*** Opening Provided records ***

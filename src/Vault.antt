-- ===== src/Vault.antt =====
-- crates/interface/src/state/vault.rs: the vault's state and its accounting. An operation on
-- `&mut self` returns the new vault, and on an error none: the handlers store nothing then.
pub mod Config
pub mod Unlock
pub mod Debit
pub mod Drip
pub mod Report
use mathlib.Core.Option
use roshi.Common.{
  ℕ, ◌+◌, ◌-◌, ◌*◌, Bool, true, false, not, ◌&&◌, ◌||◌, Option, ltb, leb, ◌==◌, if◌then◌else◌,
}
use roshi.Common.Result.{Result, ok, err, ◌>>=◌, ◌>>◌, fail_if, ok_or}
use roshi.Common.Error.{
  ProgramError, program_error, lift, invalid_vault_state, overflow, deposit_cap_exceeded,
  stale_nav_report, report_too_frequent, nav_gain_exceeds_bound, invalid_sub_account, vault_paused,
}
use roshi.Common.Word.{u64, u128, checked_add, checked_sub, checked_mul, wrapping_add}
use roshi.Common.Int.{
  ℤ, pos, ltb_ℤ, leb_ℤ, checked_add_i64, checked_sub_i64, saturating_sub_i64, try_to_u128, max_ℤ,
  min_ℤ,
}
use roshi.Common.Bytes.{Bytes, Key, bytes_eq}
use roshi.Math.{mul_div_floor, checked_u64, bps_denominator}
use roshi.Oracle.{OracleConfig}

abbrev pub ProgramResult : Type 0 → Type 0
ProgramResult A = Result ProgramError A

pub data Role : Type 0 where
  admin strategist swap_authority nav_authority withdrawal_authority : Role

-- `flag` and `bool_flag`: a boolean stored as a byte.
abbrev pub flag : Bool → ℕ
flag true = 1
flag false = 0

unfoldable pub bool_flag : ℕ → ProgramResult Bool
bool_flag byte =
    if byte == 0
    then ok false
    else if byte == 1
    then ok true
    else err (program_error invalid_vault_state)

pub record VaultControls : Type 0 where
  pub max_unlock_duration_secs : ℕ
  pub max_report_age_secs : ℕ
  pub min_report_interval_secs : ℕ
  pub cancel_grace_slots : ℕ
  pub max_nav_gain_bps : ℕ
  pub atomic_redeem_fee_bps : ℕ
  pub max_swap_slippage_bps : ℕ

pub record Vault : Type 0 where
  pub base_oracle : OracleConfig
  pub total_assets : ℕ
  pub deposit_cap : ℕ
  pub external_assets : ℕ
  pub pending_withdrawal_assets : ℕ
  pub fees_payable : ℕ
  pub high_watermark : ℕ
  pub report_epoch : ℕ
  pub requested_withdrawal_shares : ℕ
  pub last_update_ts : ℤ
  pub locked_profit : ℕ
  pub profit_unlock_start_ts : ℤ
  pub profit_unlock_end_ts : ℤ
  pub tag : Bytes
  pub admin : Key
  pub strategist : Key
  pub swap_authority : Key
  pub nav_authority : Key
  pub withdrawal_authority : Key
  pub base_mint : Key
  pub share_mint : Key
  pub treasury : Key
  pub last_report_hash : Key
  pub access_merkle_root : Key
  pub controls : VaultControls
  pub performance_fee_bps : ℕ
  pub withdrawal_buffer_bps : ℕ
  pub tag_len : ℕ
  pub base_decimals : ℕ
  pub deposit_sub_account : ℕ
  pub withdraw_sub_account : ℕ
  pub deposits_paused_flag : ℕ
  pub withdrawals_paused_flag : ℕ
  pub manage_paused_flag : ℕ
  pub private_flag : ℕ
  pub external_enabled_flag : ℕ
  pub bump : ℕ

unfoldable pub authority_for_role : Vault → Role → Key
authority_for_role v Role.admin = v.admin
authority_for_role v Role.strategist = v.strategist
authority_for_role v Role.swap_authority = v.swap_authority
authority_for_role v Role.nav_authority = v.nav_authority
authority_for_role v Role.withdrawal_authority = v.withdrawal_authority

unfoldable pub has_role : Vault → Role → Key → Bool
has_role v role signer = bytes_eq (authority_for_role v role) signer

unfoldable pub economic_share_supply : Vault → ℕ → ProgramResult ℕ
economic_share_supply v active_share_supply =
    ok_or (checked_add u64 active_share_supply v.requested_withdrawal_shares)
      (program_error overflow)

unfoldable pub total_assets_after_deposit : Vault → ℕ → ProgramResult ℕ
total_assets_after_deposit v base_atoms = do
  projected ← ok_or (checked_add u64 v.total_assets base_atoms) (program_error overflow)
  fail_if (not (v.deposit_cap == 0) && ltb v.deposit_cap projected)
      (program_error deposit_cap_exceeded)
  ok projected

-- `a.checked_sub(b).and_then(|span| u128::try_from(span).ok())`
unfoldable pub span_u128 : ℤ → ℤ → ProgramResult ℕ
span_u128 a b = ok_or (Option.bind (checked_sub_i64 a b) try_to_u128) (program_error overflow)

-- Strictly between the start and the end of the window.
unfoldable pub dripping_profit : Vault → ℤ → ProgramResult ℕ
dripping_profit v now = do
  window ← span_u128 v.profit_unlock_end_ts v.profit_unlock_start_ts
  left ← span_u128 v.profit_unlock_end_ts now
  remaining ← lift (mul_div_floor v.locked_profit left window)
  lift (checked_u64 remaining)

unfoldable pub remaining_locked_profit : Vault → ℤ → ProgramResult ℕ
remaining_locked_profit v now =
    if leb_ℤ v.profit_unlock_end_ts now
    then ok 0
    else if leb_ℤ now v.profit_unlock_start_ts
    then ok v.locked_profit
    else dripping_profit v now

unfoldable pub effective_total_assets : Vault → ℤ → ProgramResult ℕ
effective_total_assets v now = do
  remaining ← remaining_locked_profit v now
  ok_or (checked_sub v.total_assets remaining) (program_error invalid_vault_state)

unfoldable pub debit_assets_at_effective : Vault → ℕ → ℤ → ProgramResult Vault
debit_assets_at_effective v amount now = do
  remaining ← remaining_locked_profit v now
  effective ← ok_or (checked_sub v.total_assets remaining) (program_error invalid_vault_state)
  fail_if (ltb effective amount) (program_error invalid_vault_state)
  total_assets ← ok_or (checked_sub v.total_assets amount) (program_error overflow)
  let debited = record v { total_assets = total_assets; locked_profit = remaining }
  ok (if ltb 0 remaining then record debited { profit_unlock_start_ts = now } else debited)

-- The span over which a gain unlocks.
unfoldable pub unlock_window : Vault → ℤ → ℤ
unlock_window v now =
    min_ℤ (max_ℤ (saturating_sub_i64 now v.last_update_ts) (pos 0))
      (pos v.controls.max_unlock_duration_secs)

unfoldable pub is_zero : ℤ → Bool
is_zero z = leb_ℤ z (pos 0) && leb_ℤ (pos 0) z

unfoldable pub lock_gain : Vault → ℕ → ℕ → ℤ → ProgramResult Vault
lock_gain v net_total_assets prior_effective now = do
  gain ← ok_or (checked_sub net_total_assets prior_effective) (program_error overflow)
  end ← ok_or (checked_add_i64 now (unlock_window v now)) (program_error overflow)
  ok (record v {
    locked_profit = if is_zero (unlock_window v now) then 0 else gain;
    profit_unlock_start_ts = now;
    profit_unlock_end_ts = end;
    total_assets = net_total_assets;
  })

unfoldable pub apply_reported_nav : Vault → ℕ → ℤ → ProgramResult Vault
apply_reported_nav v net_total_assets now = do
  prior_effective ← effective_total_assets v now
  if ltb prior_effective net_total_assets
      then lock_gain v net_total_assets prior_effective now
      else ok (record v {
        locked_profit = 0;
        profit_unlock_start_ts = now;
        profit_unlock_end_ts = now;
        total_assets = net_total_assets;
      })

unfoldable pub verify_report_fresh : Vault → ℤ → ProgramResult (Unit {0})
verify_report_fresh v now =
    if v.report_epoch == 0 || v.controls.max_report_age_secs == 0
    then ok tt
    else fail_if
        (ltb_ℤ (pos v.controls.max_report_age_secs) (saturating_sub_i64 now v.last_update_ts))
        (program_error stale_nav_report)

unfoldable pub verify_report_interval : Vault → ℤ → ProgramResult (Unit {0})
verify_report_interval v now =
    if v.report_epoch == 0 || v.controls.min_report_interval_secs == 0
    then ok tt
    else fail_if
        (ltb_ℤ (saturating_sub_i64 now v.last_update_ts) (pos v.controls.min_report_interval_secs))
        (program_error report_too_frequent)

unfoldable pub nav_gain_check : Vault → ℕ → ProgramResult (Unit {0})
nav_gain_check v net_total_assets = do
  new_assets_scaled ←
      ok_or (checked_mul u128 net_total_assets bps_denominator) (program_error overflow)
  max_assets_scaled ←
      ok_or
        (checked_mul u128 v.total_assets
          (wrapping_add u128 bps_denominator v.controls.max_nav_gain_bps))
        (program_error overflow)
  fail_if (ltb max_assets_scaled new_assets_scaled) (program_error nav_gain_exceeds_bound)

unfoldable pub verify_nav_gain_bound : Vault → ℕ → ℕ → ProgramResult (Unit {0})
verify_nav_gain_bound v net_total_assets economic_share_supply =
    if v.controls.max_nav_gain_bps == 0 || economic_share_supply == 0
    then ok tt
    else nav_gain_check v net_total_assets

unfoldable pub verify_idle_sub_account : Vault → ℕ → ProgramResult (Unit {0})
verify_idle_sub_account v sub_account =
    if sub_account == v.deposit_sub_account || sub_account == v.withdraw_sub_account
    then ok tt
    else err (program_error invalid_sub_account)

unfoldable pub verify_manage_enabled : Vault → ProgramResult (Unit {0})
verify_manage_enabled v = do
  paused ← bool_flag v.manage_paused_flag
  fail_if paused (program_error vault_paused)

*** Closing Provided records ***

What to do —
Return the span of lines in the data above that opens at the line with "-- The span over which a gain unlocks." and closes at the line with "verify_report_fresh v now", exactly, ends included, nothing else.

Completed task —
-- The span over which a gain unlocks.
unfoldable pub unlock_window : Vault → ℤ → ℤ
unlock_window v now =
    min_ℤ (max_ℤ (saturating_sub_i64 now v.last_update_ts) (pos 0))
      (pos v.controls.max_unlock_duration_secs)

unfoldable pub is_zero : ℤ → Bool
is_zero z = leb_ℤ z (pos 0) && leb_ℤ (pos 0) z

unfoldable pub lock_gain : Vault → ℕ → ℕ → ℤ → ProgramResult Vault
lock_gain v net_total_assets prior_effective now = do
  gain ← ok_or (checked_sub net_total_assets prior_effective) (program_error overflow)
  end ← ok_or (checked_add_i64 now (unlock_window v now)) (program_error overflow)
  ok (record v {
    locked_profit = if is_zero (unlock_window v now) then 0 else gain;
    profit_unlock_start_ts = now;
    profit_unlock_end_ts = end;
    total_assets = net_total_assets;
  })

unfoldable pub apply_reported_nav : Vault → ℕ → ℤ → ProgramResult Vault
apply_reported_nav v net_total_assets now = do
  prior_effective ← effective_total_assets v now
  if ltb prior_effective net_total_assets
      then lock_gain v net_total_assets prior_effective now
      else ok (record v {
        locked_profit = 0;
        profit_unlock_start_ts = now;
        profit_unlock_end_ts = now;
        total_assets = net_total_assets;
      })

unfoldable pub verify_report_fresh : Vault → ℤ → ProgramResult (Unit {0})
verify_report_fresh v now =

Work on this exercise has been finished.